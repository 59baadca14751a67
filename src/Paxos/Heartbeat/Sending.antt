-- ===== src/Paxos/Heartbeat/Sending.antt =====
-- `SendHeartbeats` over all stubs: what its peers are left with.
use text.Mathlib.TextEquality.{eq_iff}
use chubby.Prelude.{
  String, ◌≡◌, ◌≢◌, refl, ap, ◌∙◌, ◌⊎◌, inl, inr, true, Bool-cases, Option, Option-cases, some,
  List, [], ◌∷◌, ◌++◌, if◌then◌else◌, of_branches, arith, ℕ,
}
use chubby.Prelude.Int.{ℤ, pos, ◌≤ℤ◌, int_beq_iff}
use chubby.Prelude.Map.{Map, lookup, lookup-insert, int_eq, string_eq, ◌==◌, beq_refl}
use chubby.Paxos.Slot.{PaxosSlot, SlotMessage, is_decided}
use chubby.Paxos.Messages.{HeartbeatRequest, HeartbeatResponse}
use chubby.Paxos.Replica.{PaxosImpl}
use chubby.Paxos.Replica.Slots.{slot_at}
use chubby.Paxos.Network.{Cluster, Delivery, delivered, lost, reply_lost, call, arrive, locally}
use chubby.Paxos.Network.Calls.{call-Effect}
use chubby.Paxos.Heartbeat.{heartbeat, begin_heartbeats, absorb, send_loop, send_heartbeats}
use chubby.Paxos.Heartbeat.Numbered.{me-absorb, me-heartbeat}
use chubby.Paxos.Heartbeat.Merging.{merges}
use chubby.Paxos.Heartbeat.Spreading.{heartbeat_spreads}

-- The peers with their deliveries; the stubs are a map, so no address comes twice.
abbrev pub Peers : Type 0
Peers = List (String × Delivery)

abbrev pub Without : String → Peers → Type 0
Without address [] = Unit {0}
Without address ((other, how) ∷ rest) = (other ≢ address) × Without address rest

-- A request to the address arrives, and it is the only one to it.
abbrev pub Reaches : String → Peers → Type 0
Reaches address [] = ⊥
Reaches address ((other, how) ∷ rest) =
    ((other ≡ address) × (how ≢ lost) × Without address rest)
    ⊎ ((other ≢ address) × Reaches address rest)

abbrev beat_of : ℤ → Map ℤ SlotMessage → ℕ → List ℤ → HeartbeatRequest
beat_of view slots m sent = record { id = pos m; view = view; done = sent; slots = slots }

module _ {Disk : Type 0} where
  module _ (self : String) (view : ℤ) (slots : Map ℤ SlotMessage) where
    beat : PaxosImpl Disk → List ℤ → HeartbeatRequest
    beat sender sent = record { id = pos sender.me; view = view; done = sent; slots = slots }

    -- The cell after the turn of one peer.
    after_peer : String → Delivery → PaxosImpl Disk → List ℤ → Cluster Disk → Cluster Disk
    after_peer address how sender sent cluster =
        let (response, cluster1) = call how address (heartbeat (beat sender sent)) cluster in
        if address == self then cluster1 else locally self (absorb response) cluster1

    called : String → Delivery → PaxosImpl Disk → List ℤ → Cluster Disk → Cluster Disk
    called address how sender sent cluster =
        (call how address (heartbeat (beat sender sent)) cluster).1

    send_loop-step :
        (address : String) (how : Delivery) (rest : Peers) (done : List ℤ) (sender : PaxosImpl Disk)
        (cluster : Cluster Disk)
        → lookup self cluster ≡ some sender
        → send_loop self view slots done ((address, how) ∷ rest) cluster
          ≡ send_loop self view slots
              (done ++ sender.done)
              rest
              (after_peer address how sender (done ++ sender.done) cluster)
    unfolding send_loop after_peer beat
    send_loop-step address how rest done sender cluster at = rw (at, send_loop)

    lookup-locally :
        (change : PaxosImpl Disk → PaxosImpl Disk) (address : String) (cluster : Cluster Disk)
        → address ≢ self
        → lookup address (locally self change cluster) ≡ lookup address cluster
    unfolding locally
    lookup-locally change address cluster other = elim (Option-cases (lookup self cluster)) [
      | inl gone ↦ rw (gone, locally)
      | inr (s, found) ↦
          rw (found, locally)
            (lookup-insert self address (change s) cluster
              ∙ ground (arith, eq_iff self address, other))
    ]

    -- A replica other than the one that is called is as it was.
    lookup-called :
        (address : String) (how : Delivery) (sender : PaxosImpl Disk) (sent : List ℤ) (x : String)
        (cluster : Cluster Disk)
        → address ≢ x
        → lookup x (called address how sender sent cluster) ≡ lookup x cluster
    unfolding called
    lookup-called address how sender sent x cluster other =
        elim (call-Effect how address (heartbeat (beat sender sent)) cluster) [
          | inl (silent, same) ↦ ap (lookup x) same
          | inr (s, found, same, reply) ↦
              ap (lookup x) same
              ∙ lookup-insert address x _ cluster
              ∙ ground (arith, eq_iff address x, other)
        ]

    lookup-after_peer :
        (address : String) (how : Delivery) (sender : PaxosImpl Disk) (sent : List ℤ) (x : String)
        (cluster : Cluster Disk)
        → x ≢ self
        → lookup x (after_peer address how sender sent cluster)
          ≡ lookup x (called address how sender sent cluster)
    unfolding after_peer called
    lookup-after_peer address how sender sent x cluster other =
        elim (Bool-cases (address == self)) [
          | inl own ↦ rw own
          | inr foreign ↦ rw foreign (lookup-locally _ x _ other)
        ]

    -- The replica that is called, when the request arrives.
    lookup-reached :
        (how : Delivery) (sender : PaxosImpl Disk) (sent : List ℤ) (x : String) (p : PaxosImpl Disk)
        (cluster : Cluster Disk)
        → how ≢ lost
        → lookup x cluster ≡ some p
        → lookup x (called x how sender sent cluster) ≡ some (heartbeat (beat sender sent) p).1
    unfolding called call
    lookup-reached lost sender sent x p cluster arrives found = absurd (arrives refl)
    lookup-reached delivered sender sent x p cluster arrives found =
        rw (called, call, found, arrive) (lookup-insert x x _ cluster ∙ rw (beq_refl x))
    lookup-reached reply_lost sender sent x p cluster arrives found =
        rw (called, call, found, arrive) (lookup-insert x x _ cluster ∙ rw (beq_refl x))

    -- The sender is there, and keeps its number.
    Stands : ℕ → Cluster Disk → Type 0
    Stands m cluster = (s : PaxosImpl Disk) × ((lookup self cluster ≡ some s) × (s.me ≡ m))

    called-Stands :
        (m : ℕ) (address : String) (how : Delivery) (sender : PaxosImpl Disk) (sent : List ℤ)
        (cluster : Cluster Disk)
        → Stands m cluster
        → Stands m (called address how sender sent cluster)
    unfolding Stands called
    called-Stands m address how sender sent cluster (s, (at, mine)) =
        elim (call-Effect how address (heartbeat (beat sender sent)) cluster) [
          | inl (silent, same) ↦ rw same (s, (at, mine))
          | inr (p, found, same, reply) ↦ elim (Bool-cases (address == self)) [
            | inr foreign ↦ (
              s,
              (ap (lookup self) same ∙ lookup-insert address self _ cluster ∙ rw foreign at, mine),
            )
            | inl own ↦ (
              (heartbeat (beat sender sent) p).1,
              (
                ap (lookup self) same ∙ lookup-insert address self _ cluster ∙ rw own,
                me-heartbeat (beat sender sent) p
                    ∙ ground (arith, found, at, mine, (eq_iff address self).0 own),
              ),
            )
          ]
        ]

    locally-Stands :
        (m : ℕ) (response : Option HeartbeatResponse) (cluster : Cluster Disk)
        → Stands m cluster
        → Stands m (locally self (absorb response) cluster)
    unfolding Stands locally
    locally-Stands m response cluster (s, (at, mine)) =
        rw (at, locally)
          (
            absorb response s,
            (lookup-insert self self _ cluster ∙ rw (beq_refl self), me-absorb response s ∙ mine),
          )

    after_peer-Stands :
        (m : ℕ) (address : String) (how : Delivery) (sender : PaxosImpl Disk) (sent : List ℤ)
        (cluster : Cluster Disk)
        → Stands m cluster
        → Stands m (after_peer address how sender sent cluster)
    unfolding after_peer called
    after_peer-Stands m address how sender sent cluster stands =
        let kept = called-Stands m address how sender sent cluster stands in
        of_branches (Stands m) (address == self) _ _ kept
          (locally-Stands m (call how address (heartbeat (beat sender sent)) cluster).0 _ kept)

    send_loop-untouched :
        (m : ℕ) (x : String) (peers : Peers) (done : List ℤ) (cluster : Cluster Disk)
        → x ≢ self
        → Without x peers
        → Stands m cluster
        → lookup x (send_loop self view slots done peers cluster) ≡ lookup x cluster
    unfolding Stands send_loop
    send_loop-untouched m x [] done cluster other without stands = refl
    send_loop-untouched m x ((address, how) ∷ rest) done cluster other without (s, (at, mine)) =
        let sent = done ++ s.done in
        ap (lookup x) (send_loop-step address how rest done s cluster at)
        ∙ send_loop-untouched m x rest sent _ other without.1
            (after_peer-Stands m address how s sent cluster (s, (at, mine)))
        ∙ lookup-after_peer address how s sent x cluster other
        ∙ lookup-called address how s sent x cluster without.0

    -- What the peer is left with: the heartbeat with some `done`.
    Beaten : ℕ → PaxosImpl Disk → Option (PaxosImpl Disk) → Type 0
    Beaten m p found = (sent : List ℤ) × (found ≡ some (heartbeat (beat_of view slots m sent) p).1)

    send_loop-Beaten :
        (m : ℕ) (x : String) (p : PaxosImpl Disk) (peers : Peers) (done : List ℤ)
        (cluster : Cluster Disk)
        → x ≢ self
        → Reaches x peers
        → Stands m cluster
        → lookup x cluster ≡ some p
        → Beaten m p (lookup x (send_loop self view slots done peers cluster))
    unfolding Stands Beaten beat
    send_loop-Beaten m x p [] done cluster other reaches stands found = absurd reaches
    send_loop-Beaten m x p ((address, how) ∷ rest) done cluster other
          (inl (named, arrives, without)) (s, (at, mine)) found =
        let sent = done ++ s.done in
        (
          sent,
          ap (lookup x) (send_loop-step address how rest done s cluster at)
              ∙ send_loop-untouched m x rest sent _ other without
                  (after_peer-Stands m address how s sent cluster (s, (at, mine)))
              ∙ lookup-after_peer address how s sent x cluster other
              ∙ ap (λ a. lookup x (called a how s sent cluster)) named
              ∙ lookup-reached how s sent x p cluster arrives found
              ∙ ap (λ k. some (heartbeat (beat_of view slots k sent) p).1) mine,
        )
    send_loop-Beaten m x p ((address, how) ∷ rest) done cluster other (inr (foreign, later))
          (s, (at, mine)) found =
        let sent = done ++ s.done in
        let next = after_peer address how s sent cluster in
        let (sent', same) =
          send_loop-Beaten m x p rest sent next other later
            (after_peer-Stands m address how s sent cluster (s, (at, mine)))
            (lookup-after_peer address how s sent x cluster other
              ∙ lookup-called address how s sent x cluster foreign
              ∙ found) in
        (sent', ap (lookup x) (send_loop-step address how rest done s cluster at) ∙ same)

  -- When the replica that leads its view, at `self`, runs `SendHeartbeats`, and has decided a slot, then
  -- a peer with another address and number, whose stub comes once and whose request is not lost, and
  -- that is in that view or an earlier one, ends with the slot decided: with the value of the peer if it
  -- had decided the slot, and with that of the leader otherwise; and its database is as it was.
  pub send_heartbeats_lem :
      (self x : String) (peers : Peers) (cluster : Cluster Disk) (s p : PaxosImpl Disk) (view : ℤ)
      (slots : Map ℤ SlotMessage) (j : ℤ) (slot : PaxosSlot)
      → lookup self cluster ≡ some s
      → begin_heartbeats s ≡ some (view, slots)
      → lookup j s.slots ≡ some slot
      → is_decided slot.status ≡ true
      → lookup x cluster ≡ some p
      → x ≢ self
      → Reaches x peers
      → pos p.me ≢ pos s.me
      → p.view ≤ℤ view
      → (t : PaxosImpl Disk) × (lookup x (send_heartbeats self peers cluster) ≡ some t)
        × (is_decided (slot_at t j).status ≡ true)
        × ((slot_at t j).value
            ≡ (if is_decided (slot_at p j).status then (slot_at p j).value else slot.value))
        × (t.paxos_db ≡ p.paxos_db)
  unfolding send_heartbeats Stands Beaten
  send_heartbeats_lem self x peers cluster s p view slots j slot at begun known done found other
        reaches differs behind =
      let (sent, same) =
        send_loop-Beaten self view slots s.me x p peers [] cluster other reaches (s, (at, refl))
          found in
      let spread = heartbeat_spreads s p view slots sent j slot begun differs behind known done in
      (
        (heartbeat (beat_of view slots s.me sent) p).1,
        rw (at, send_heartbeats, begun) same,
        spread.0,
        spread.1,
        (merges (beat_of view slots s.me sent) p (ground (arith, int_beq_iff (pos p.me) (pos s.me)))
            behind).paxos_db,
      )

☆ ☆ ☆

What to produce: Among the records, count every line where "kept" appears. Reply with the total alone.

Answer section: 3